━━━ ENTRIES SHOWN ━━━

-- ===== src/Packages/Dependencies/Termination.antt =====
-- src/plaik_core/dependencies.py, `resolve_install_order`: it ends, and a graph that passes the
-- checks and has no cycle is resolved.
use plaik.Prelude.{
  ℕ, suc, ◌<◌, ◌≡◌, ◌≢◌, refl, String, Bool, true, List, [], ◌∷◌, arith, string_eq, Option-cases,
  inl, inr, length,
}
use plaik.Prelude.Dict.{Dict, lookup, values}
use plaik.Prelude.Items.{sort_items, lookup-sort_items}
use plaik.Prelude.Results.{ok, err, ◌>>=◌, Result-cases}
use plaik.Prelude.Sets.{has, All-of-has, each, each-ne}
use plaik.Packages.Manifest.{
  PackageDependency, PackageConflict, RequiredCapability, PackageManifest,
}
use plaik.Packages.Dependencies.{
  out_of_rounds, Packages, keys, is_member, collect, merge, check_identity, check_conflict,
  check_dependency, check_package, check_requirement, provided, resolve_capabilities, visit_all,
  visit, not_visited, search_order, resolve_install_order,
}
use plaik.Packages.Dependencies.Order.{visit-Progress}
use plaik.Packages.Dependencies.Bound.{
  remaining-nothing, is_member-of_has, rank_bound, rank_bound-above, visit_all-Lasts, visit-Lasts,
}
use plaik.Packages.Dependencies.Acyclic.{FallsAlong, visit_all-Returns, visit-Returns}
use plaik.Packages.Dependencies.Graph.{collect-err}
use plaik.Packages.Dependencies.Resolution.{Prepared, collect-Prepared, not_visited-Sound}

length-keys : {V : Type 0} (d : Dict String V) → length (keys d) ≡ length d
length-keys [] = refl
length-keys ((k, v) ∷ d) = ground (arith, length-keys d)

module _ (manifests : List PackageManifest) (installed candidates : Packages)
    (prepared : Prepared manifests installed candidates) where
  search_order-Lasts : search_order (merge installed candidates) candidates ≢ err out_of_rounds
  unfolding search_order
  search_order-Lasts h =
      let all = merge installed candidates in
      let rounds = suc (length all) in
      let lasts =
        visit_all-Lasts candidates all prepared.agrees rounds (visit all candidates rounds)
          (visit-Progress candidates all prepared.agrees rounds)
          (visit-Lasts candidates all prepared.agrees rounds) (keys (sort_items candidates))
          not_visited (not_visited-Sound candidates)
          (omega (arith, remaining-nothing (keys all), length-keys all)) in
      elim (Result-cases
        (visit_all (visit all candidates rounds) (keys (sort_items candidates)) not_visited)) [
          | inr (x, e) ↦ ground (arith, e, h, lasts)
          | inl (s, e) ↦ ground (arith, e, h)
        ]

  candidate-is_member :
      (d : String)
      → has d (keys (sort_items candidates)) ≡ true
      → is_member d (merge installed candidates) ≡ true
  candidate-is_member d h =
      let there = is_member-of_has d (sort_items candidates) h in
      elim (Option-cases (lookup d candidates)) [
        | inl e ↦ absurd (ground (arith, e, there, lookup-sort_items d candidates))
        | inr (m, e) ↦ ground (arith, prepared.agrees d m e)
      ]

  search_order-returns :
      (rank : String → ℕ)
      → FallsAlong rank (merge installed candidates)
      → (order : List PackageManifest) × (search_order (merge installed candidates) candidates
          ≡ ok order)
  unfolding search_order
  search_order-returns rank falls =
      let all = merge installed candidates in
      let rounds = suc (length all) in
      let ks = keys (sort_items candidates) in
      let (s, e) =
        visit_all-Returns candidates all prepared.agrees rank rounds (rank_bound rank ks)
          (visit all candidates rounds) (visit-Progress candidates all prepared.agrees rounds)
          (visit-Returns candidates all prepared.agrees rank falls rounds) ks not_visited
          (not_visited-Sound candidates)
          (omega (arith, remaining-nothing (keys all), length-keys all))
          (All-of-has (λ d. (is_member d all ≡ true) × (rank d < rank_bound rank ks)) ks
            (λ d h. (candidate-is_member d h, rank_bound-above rank ks d h)))
          (λ y h. absurd (unfold has in (ground (arith, h)))) in
      (s.ordered, rw (e, ◌>>=◌))

module _ (satisfies : String → String → Bool) (core_version : String) where
  check_conflict-ne :
      (all : Packages) (c : PackageConflict) → check_conflict satisfies all c ≢ err out_of_rounds
  unfolding check_conflict
  check_conflict-ne all c h = ground arith

  check_dependency-ne :
      (all : Packages) (d : PackageDependency)
      → check_dependency satisfies all d ≢ err out_of_rounds
  unfolding check_dependency
  check_dependency-ne all d h = ground arith

  check_package-ne :
      (all : Packages) (m : PackageManifest)
      → check_package satisfies core_version all m ≢ err out_of_rounds
  unfolding check_package
  check_package-ne all m h = ground (
    arith,
    h,
    each-ne (check_conflict satisfies all) out_of_rounds (check_conflict-ne all) m.conflicts,
    each-ne (check_dependency satisfies all) out_of_rounds (check_dependency-ne all) m.dependencies,
  )

  check_requirement-ne :
      (d : Dict String (List (String × String))) (r : RequiredCapability)
      → check_requirement satisfies d r ≢ err out_of_rounds
  unfolding check_requirement
  check_requirement-ne d r h = ground arith

  resolve_capabilities-ne :
      (ms : List PackageManifest) → resolve_capabilities satisfies ms ≢ err out_of_rounds
  unfolding resolve_capabilities
  resolve_capabilities-ne ms =
      each-ne (λ m. each (check_requirement satisfies (provided ms [])) m.requires) out_of_rounds
        (λ m.
          each-ne (check_requirement satisfies (provided ms [])) out_of_rounds
            (check_requirement-ne (provided ms [])) m.requires)
        ms

  check_identity-ne : (p : String × PackageManifest) → check_identity p ≢ err out_of_rounds
  unfolding check_identity
  check_identity-ne (k, m) h = ground arith

  module _ (manifests : List PackageManifest) (installed : Packages) where
    -- The bound on the depth of the search, one more than there are packages, is never reached,
    -- whatever the manifests and the installed packages are.
    pub resolve_install_order-terminates :
        resolve_install_order satisfies manifests core_version installed ≢ err out_of_rounds
    unfolding resolve_install_order
    resolve_install_order-terminates h = elim (Result-cases (collect manifests [])) [
      | inr (x, e) ↦ ground (arith, e, h, collect-err manifests [] x e)
      | inl (c, e) ↦
          let all = merge installed c in
          ground (
            arith,
            e,
            h,
            each-ne check_identity out_of_rounds check_identity-ne installed,
            each-ne (check_package satisfies core_version all) out_of_rounds (check_package-ne all)
                (values all),
            resolve_capabilities-ne (values all),
            search_order-Lasts manifests installed c (collect-Prepared manifests installed c e),
          )
    ]

    -- Where the requested ids differ, the installed packages stand under their ids, and the checks
    -- of the complete graph pass, a graph on which some rank falls along every dependency is resolved.
    pub resolve_install_order-returns :
        (candidates : Packages) (rank : String → ℕ)
        → collect manifests [] ≡ ok candidates
        → each check_identity installed ≡ ok tt
        → each
            (check_package satisfies core_version (merge installed candidates))
            (values (merge installed candidates))
          ≡ ok tt
        → resolve_capabilities satisfies (values (merge installed candidates)) ≡ ok tt
        → FallsAlong rank (merge installed candidates)
        → (order : List PackageManifest) × (resolve_install_order satisfies manifests core_version
              installed
            ≡ ok order)
    unfolding resolve_install_order
    resolve_install_order-returns candidates rank e f g i falls =
        let (order, s) =
          search_order-returns manifests installed candidates
            (collect-Prepared manifests installed candidates e) rank falls in
        (order, rw (e, f, g, i) s)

━━━

EXERCISE: Reproduce the data above in full, with no line missing.

ANSWER SPACE:
-- ===== src/Packages/Dependencies/Termination.antt =====
-- src/plaik_core/dependencies.py, `resolve_install_order`: it ends, and a graph that passes the
-- checks and has no cycle is resolved.
use plaik.Prelude.{
  ℕ, suc, ◌<◌, ◌≡◌, ◌≢◌, refl, String, Bool, true, List, [], ◌∷◌, arith, string_eq, Option-cases,
  inl, inr, length,
}
use plaik.Prelude.Dict.{Dict, lookup, values}
use plaik.Prelude.Items.{sort_items, lookup-sort_items}
use plaik.Prelude.Results.{ok, err, ◌>>=◌, Result-cases}
use plaik.Prelude.Sets.{has, All-of-has, each, each-ne}
use plaik.Packages.Manifest.{
  PackageDependency, PackageConflict, RequiredCapability, PackageManifest,
}
use plaik.Packages.Dependencies.{
  out_of_rounds, Packages, keys, is_member, collect, merge, check_identity, check_conflict,
  check_dependency, check_package, check_requirement, provided, resolve_capabilities, visit_all,
  visit, not_visited, search_order, resolve_install_order,
}
use plaik.Packages.Dependencies.Order.{visit-Progress}
use plaik.Packages.Dependencies.Bound.{
  remaining-nothing, is_member-of_has, rank_bound, rank_bound-above, visit_all-Lasts, visit-Lasts,
}
use plaik.Packages.Dependencies.Acyclic.{FallsAlong, visit_all-Returns, visit-Returns}
use plaik.Packages.Dependencies.Graph.{collect-err}
use plaik.Packages.Dependencies.Resolution.{Prepared, collect-Prepared, not_visited-Sound}

length-keys : {V : Type 0} (d : Dict String V) → length (keys d) ≡ length d
length-keys [] = refl
length-keys ((k, v) ∷ d) = ground (arith, length-keys d)

module _ (manifests : List PackageManifest) (installed candidates : Packages)
    (prepared : Prepared manifests installed candidates) where
  search_order-Lasts : search_order (merge installed candidates) candidates ≢ err out_of_rounds
  unfolding search_order
  search_order-Lasts h =
      let all = merge installed candidates in
      let rounds = suc (length all) in
      let lasts =
        visit_all-Lasts candidates all prepared.agrees rounds (visit all candidates rounds)
          (visit-Progress candidates all prepared.agrees rounds)
          (visit-Lasts candidates all prepared.agrees rounds) (keys (sort_items candidates))
          not_visited (not_visited-Sound candidates)
          (omega (arith, remaining-nothing (keys all), length-keys all)) in
      elim (Result-cases
        (visit_all (visit all candidates rounds) (keys (sort_items candidates)) not_visited)) [
          | inr (x, e) ↦ ground (arith, e, h, lasts)
          | inl (s, e) ↦ ground (arith, e, h)
        ]

  candidate-is_member :
      (d : String)
      → has d (keys (sort_items candidates)) ≡ true
      → is_member d (merge installed candidates) ≡ true
  candidate-is_member d h =
      let there = is_member-of_has d (sort_items candidates) h in
      elim (Option-cases (lookup d candidates)) [
        | inl e ↦ absurd (ground (arith, e, there, lookup-sort_items d candidates))
        | inr (m, e) ↦ ground (arith, prepared.agrees d m e)
      ]

  search_order-returns :
      (rank : String → ℕ)
      → FallsAlong rank (merge installed candidates)
      → (order : List PackageManifest) × (search_order (merge installed candidates) candidates
          ≡ ok order)
  unfolding search_order
  search_order-returns rank falls =
      let all = merge installed candidates in
      let rounds = suc (length all) in
      let ks = keys (sort_items candidates) in
      let (s, e) =
        visit_all-Returns candidates all prepared.agrees rank rounds (rank_bound rank ks)
          (visit all candidates rounds) (visit-Progress candidates all prepared.agrees rounds)
          (visit-Returns candidates all prepared.agrees rank falls rounds) ks not_visited
          (not_visited-Sound candidates)
          (omega (arith, remaining-nothing (keys all), length-keys all))
          (All-of-has (λ d. (is_member d all ≡ true) × (rank d < rank_bound rank ks)) ks
            (λ d h. (candidate-is_member d h, rank_bound-above rank ks d h)))
          (λ y h. absurd (unfold has in (ground (arith, h)))) in
      (s.ordered, rw (e, ◌>>=◌))

module _ (satisfies : String → String → Bool) (core_version : String) where
  check_conflict-ne :
      (all : Packages) (c : PackageConflict) → check_conflict satisfies all c ≢ err out_of_rounds
  unfolding check_conflict
  check_conflict-ne all c h = ground arith

  check_dependency-ne :
      (all : Packages) (d : PackageDependency)
      → check_dependency satisfies all d ≢ err out_of_rounds
  unfolding check_dependency
  check_dependency-ne all d h = ground arith

  check_package-ne :
      (all : Packages) (m : PackageManifest)
      → check_package satisfies core_version all m ≢ err out_of_rounds
  unfolding check_package
  check_package-ne all m h = ground (
    arith,
    h,
    each-ne (check_conflict satisfies all) out_of_rounds (check_conflict-ne all) m.conflicts,
    each-ne (check_dependency satisfies all) out_of_rounds (check_dependency-ne all) m.dependencies,
  )

  check_requirement-ne :
      (d : Dict String (List (String × String))) (r : RequiredCapability)
      → check_requirement satisfies d r ≢ err out_of_rounds
  unfolding check_requirement
  check_requirement-ne d r h = ground arith

  resolve_capabilities-ne :
      (ms : List PackageManifest) → resolve_capabilities satisfies ms ≢ err out_of_rounds
  unfolding resolve_capabilities
  resolve_capabilities-ne ms =
      each-ne (λ m. each (check_requirement satisfies (provided ms [])) m.requires) out_of_rounds
        (λ m.
          each-ne (check_requirement satisfies (provided ms [])) out_of_rounds
            (check_requirement-ne (provided ms [])) m.requires)
        ms

  check_identity-ne : (p : String × PackageManifest) → check_identity p ≢ err out_of_rounds
  unfolding check_identity
  check_identity-ne (k, m) h = ground arith

  module _ (manifests : List PackageManifest) (installed : Packages) where
    -- The bound on the depth of the search, one more than there are packages, is never reached,
    -- whatever the manifests and the installed packages are.
    pub resolve_install_order-terminates :
        resolve_install_order satisfies manifests core_version installed ≢ err out_of_rounds
    unfolding resolve_install_order
    resolve_install_order-terminates h = elim (Result-cases (collect manifests [])) [
      | inr (x, e) ↦ ground (arith, e, h, collect-err manifests [] x e)
      | inl (c, e) ↦
          let all = merge installed c in
          ground (
            arith,
            e,
            h,
            each-ne check_identity out_of_rounds check_identity-ne installed,
            each-ne (check_package satisfies core_version all) out_of_rounds (check_package-ne all)
                (values all),
            resolve_capabilities-ne (values all),
            search_order-Lasts manifests installed c (collect-Prepared manifests installed c e),
          )
    ]

    -- Where the requested ids differ, the installed packages stand under their ids, and the checks
    -- of the complete graph pass, a graph on which some rank falls along every dependency is resolved.
    pub resolve_install_order-returns :
        (candidates : Packages) (rank : String → ℕ)
        → collect manifests [] ≡ ok candidates
        → each check_identity installed ≡ ok tt
        → each
            (check_package satisfies core_version (merge installed candidates))
            (values (merge installed candidates))
          ≡ ok tt
        → resolve_capabilities satisfies (values (merge installed candidates)) ≡ ok tt
        → FallsAlong rank (merge installed candidates)
        → (order : List PackageManifest) × (resolve_install_order satisfies manifests core_version
              installed
            ≡ ok order)
    unfolding resolve_install_order
    resolve_install_order-returns candidates rank e f g i falls =
        let (order, s) =
          search_order-returns manifests installed candidates
            (collect-Prepared manifests installed candidates e) rank falls in
        (order, rw (e, f, g, i) s)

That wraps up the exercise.